-- ===== src/Algorithms/Codec.antt =====
-- crates/hataori-algorithms/src/batch.rs: the encoding of a batch. The encoding of an item is its
-- type's: `encode_item` and `decode_item`. A `usize` has 64 bits.
use hataori_rs.Prelude.{
  ℕ, zero, suc, ◌+◌, ◌*◌, ◌^◌, Bool, true, false, Option, some, none, List, [], ◌∷◌, ◌++◌, Result,
  ok, err, panic, ltb, leb, eqb, if◌then◌else◌, length, take, drop, get_elem?,
}
use hataori_rs.Prelude.Bytes.{to_le, from_le}
use hataori_rs.Prelude.Fallible.{◌>>=◌}
use hataori_rs.Runtime.Errors.{ActionError}
use hataori_rs.Runtime.Message.{Segments}
use hataori_rs.Algorithms.{LocalMode}
use hataori_rs.Algorithms.Controller.{BatchAction}
pub mod Headers
pub mod Trip
pub mod Tests

abbrev pub max_batch_items : ℕ
max_batch_items = 1048576

unfoldable pub put : ℕ → List ℕ → Result ActionError (List ℕ)
put value out =
    if ltb value (2 ^ 64)
    then ok (out ++ to_le 8 value)
    else err (ActionError.codec "batch count overflow")

-- The number at `at_`, and the place behind it.
unfoldable pub take_number : List ℕ → ℕ → Result ActionError (ℕ × ℕ)
take_number bytes at_ =
    if ltb (at_ + 8) (2 ^ 64)
    then (if leb (at_ + 8) (length bytes)
        then ok (from_le (take 8 (drop at_ bytes)), at_ + 8)
        else err (ActionError.codec "truncated batch header"))
    else err (ActionError.codec "batch header overflow")

-- The segments of one value: their lengths go to the header `h`, and they themselves behind `out`.
unfoldable pub put_segments : Segments → List ℕ → Segments → Result ActionError (List ℕ × Segments)
unfolding put
put_segments [] h out = ok (h, out)
put_segments (s ∷ segments) h out = do
  h' ← put (length s) h
  put_segments segments h' (out ++ s ∷ [])

-- So many numbers from `at_` on.
unfoldable pub take_numbers : ℕ → List ℕ → ℕ → Result ActionError (List ℕ × ℕ)
unfolding take_number
take_numbers zero header at_ = ok ([], at_)
take_numbers (suc n) header at_ = take_number header at_ >>= λ (value, next).
    take_numbers n header next >>= λ (values, end). ok (value ∷ values, end)

-- The table of the segments' lengths. `Vec::with_capacity` panics if so many words of 8 bytes do not fit
-- in an `isize`.
unfoldable pub take_table : ℕ → List ℕ → ℕ → Result ActionError (List (List ℕ) × ℕ)
unfolding take_number take_numbers
take_table zero header at_ = ok ([], at_)
take_table (suc count) header at_ = take_number header at_ >>= λ (n, next).
    if ltb (n * 8) (2 ^ 63)
    then (take_numbers n header next >>= λ (item, behind).
        take_table count header behind >>= λ (items, end). ok (item ∷ items, end))
    else panic

-- `try_fold(0usize, checked_add)` over the numbers of segments.
unfoldable pub sum_counts : ℕ → List (List ℕ) → Result ActionError ℕ
sum_counts total [] = ok total
sum_counts total (item ∷ items) =
    if ltb (total + length item) (2 ^ 64)
    then sum_counts (total + length item) items
    else err (ActionError.codec "segment count overflow")

-- The segments of one item, with the lengths that are to be theirs, and the rest. `next().unwrap()`
-- panics if there are too few.
unfoldable pub take_item : List ℕ → Segments → Result ActionError (Segments × Segments)
take_item [] source = ok ([], source)
take_item (n ∷ lengths) [] = panic
take_item (n ∷ lengths) (bytes ∷ source) =
    if eqb (length bytes) n
    then (take_item lengths source >>= λ (encoded, rest). ok (bytes ∷ encoded, rest))
    else err (ActionError.codec "batch segment length mismatch")

abbrev pub mode_code : LocalMode → ℕ
mode_code LocalMode.sequential = 0
mode_code LocalMode.outer = 1
mode_code LocalMode.inner = 2

unfoldable pub mode_from : Option ℕ → Result ActionError LocalMode
mode_from none = err (ActionError.codec "missing local mode")
mode_from (some b) =
    if eqb b 0
    then ok LocalMode.sequential
    else if eqb b 1
    then ok LocalMode.outer
    else if eqb b 2
    then ok LocalMode.inner
    else err (ActionError.codec "invalid local mode")

module _ {T : Type 0} (encode_item : T → Result ActionError Segments)
    (decode_item : Segments → Result ActionError T) where
  unfoldable pub put_values : List T → List ℕ → Segments → Result ActionError (List ℕ × Segments)
  unfolding put put_segments
  put_values [] h out = ok (h, out)
  put_values (value ∷ values) h out = encode_item value >>= λ segments.
      put (length segments) h >>= λ h'.
      put_segments segments h' out >>= λ (h'', out'). put_values values h'' out'

  unfoldable pub encode_nested : List T → List ℕ → Result ActionError Segments
  unfolding put put_values
  encode_nested values prefix =
      if ltb max_batch_items (length values)
      then err (ActionError.codec "batch item limit exceeded")
      else (put (length values) prefix >>= λ header.
          put_values values header [] >>= λ (h, out). ok (h ∷ out))

  unfoldable pub take_values : List (List ℕ) → Segments → Result ActionError (List T)
  unfolding take_item
  take_values [] source = ok []
  take_values (item ∷ items) source = take_item item source >>= λ (encoded, rest).
      decode_item encoded >>= λ value. take_values items rest >>= λ values. ok (value ∷ values)

  -- The header and the values.
  unfoldable pub decode_nested : Segments → ℕ → Result ActionError (List ℕ × List T)
  unfolding take_number take_table sum_counts take_values
  decode_nested [] prefix = err (ActionError.codec "missing batch header")
  decode_nested (header ∷ segments) prefix = take_number header prefix >>= λ (count, next).
      if ltb max_batch_items count
      then err (ActionError.codec "batch item limit exceeded")
      else (take_table count header next >>= λ (lengths, end).
          if eqb end (length header)
          then (sum_counts 0 lengths >>= λ expected.
              if eqb (length segments) expected
              then (take_values lengths segments >>= λ values. ok (header, values))
              else err (ActionError.codec "batch segment count mismatch"))
          else err (ActionError.codec "trailing batch header bytes"))

  unfoldable pub encode_batch : BatchAction T → Result ActionError Segments
  unfolding put encode_nested
  encode_batch a = put a.start [] >>= λ h. encode_nested a.items (h ++ mode_code a.mode ∷ [])

  unfoldable pub decode_batch : Segments → Result ActionError (BatchAction T)
  unfolding take_number mode_from decode_nested
  decode_batch [] = err (ActionError.codec "missing batch header")
  decode_batch (header ∷ segments) = take_number header 0 >>= λ (start, next).
      mode_from (get_elem? header next) >>= λ mode.
      decode_nested (header ∷ segments) (next + 1) >>= λ (_, items).
      ok (record { start = start; mode = mode; items = items })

---

Copy every line in the records above that contains the word "Option".

  ℕ, zero, suc, ◌+◌, ◌*◌, ◌^◌, Bool, true, false, Option, some, none, List, [], ◌∷◌, ◌++◌, Result,
unfoldable pub mode_from : Option ℕ → Result ActionError LocalMode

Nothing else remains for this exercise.